Segment Open

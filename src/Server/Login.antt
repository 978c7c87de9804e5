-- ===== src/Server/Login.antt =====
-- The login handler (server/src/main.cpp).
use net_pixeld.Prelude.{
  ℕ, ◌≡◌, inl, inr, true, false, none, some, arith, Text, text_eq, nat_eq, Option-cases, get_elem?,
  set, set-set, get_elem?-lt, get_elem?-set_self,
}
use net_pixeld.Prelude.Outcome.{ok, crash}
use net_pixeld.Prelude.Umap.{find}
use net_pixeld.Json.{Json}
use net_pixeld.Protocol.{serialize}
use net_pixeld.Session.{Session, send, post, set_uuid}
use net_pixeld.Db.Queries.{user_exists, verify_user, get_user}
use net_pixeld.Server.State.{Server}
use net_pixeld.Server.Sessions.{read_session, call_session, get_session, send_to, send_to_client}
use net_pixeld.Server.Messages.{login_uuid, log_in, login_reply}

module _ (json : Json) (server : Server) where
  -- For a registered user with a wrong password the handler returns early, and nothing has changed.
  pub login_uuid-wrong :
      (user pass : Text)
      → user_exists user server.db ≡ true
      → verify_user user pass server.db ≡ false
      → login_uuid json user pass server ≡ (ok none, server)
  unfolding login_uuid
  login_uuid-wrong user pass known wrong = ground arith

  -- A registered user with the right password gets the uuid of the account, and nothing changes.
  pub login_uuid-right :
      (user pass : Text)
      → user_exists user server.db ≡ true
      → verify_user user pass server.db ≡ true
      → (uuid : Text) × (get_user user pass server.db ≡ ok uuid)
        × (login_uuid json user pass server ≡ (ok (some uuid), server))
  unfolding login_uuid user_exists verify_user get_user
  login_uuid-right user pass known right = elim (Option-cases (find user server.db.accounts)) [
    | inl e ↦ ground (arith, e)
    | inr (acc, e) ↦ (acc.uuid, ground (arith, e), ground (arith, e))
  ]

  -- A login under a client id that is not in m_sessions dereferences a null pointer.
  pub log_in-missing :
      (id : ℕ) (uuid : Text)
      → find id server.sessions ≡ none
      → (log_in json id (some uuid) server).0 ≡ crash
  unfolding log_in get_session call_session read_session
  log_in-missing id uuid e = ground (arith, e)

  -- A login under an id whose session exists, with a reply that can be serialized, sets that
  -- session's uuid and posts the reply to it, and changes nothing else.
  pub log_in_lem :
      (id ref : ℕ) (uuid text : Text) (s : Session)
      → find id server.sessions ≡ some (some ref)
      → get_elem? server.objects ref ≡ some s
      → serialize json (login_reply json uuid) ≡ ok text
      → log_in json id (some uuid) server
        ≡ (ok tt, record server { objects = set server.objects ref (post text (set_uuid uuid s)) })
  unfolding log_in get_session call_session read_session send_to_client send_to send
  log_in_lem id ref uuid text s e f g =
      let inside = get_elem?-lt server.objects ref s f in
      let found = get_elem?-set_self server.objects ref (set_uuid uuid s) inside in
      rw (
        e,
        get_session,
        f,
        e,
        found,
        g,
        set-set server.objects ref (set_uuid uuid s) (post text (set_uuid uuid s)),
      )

Segment Closed

Scan the material above for the word "unfolding", and copy each line where it appears.

§ Exercise response
  unfolding login_uuid
  unfolding login_uuid user_exists verify_user get_user
  unfolding log_in get_session call_session read_session
  unfolding log_in get_session call_session read_session send_to_client send_to send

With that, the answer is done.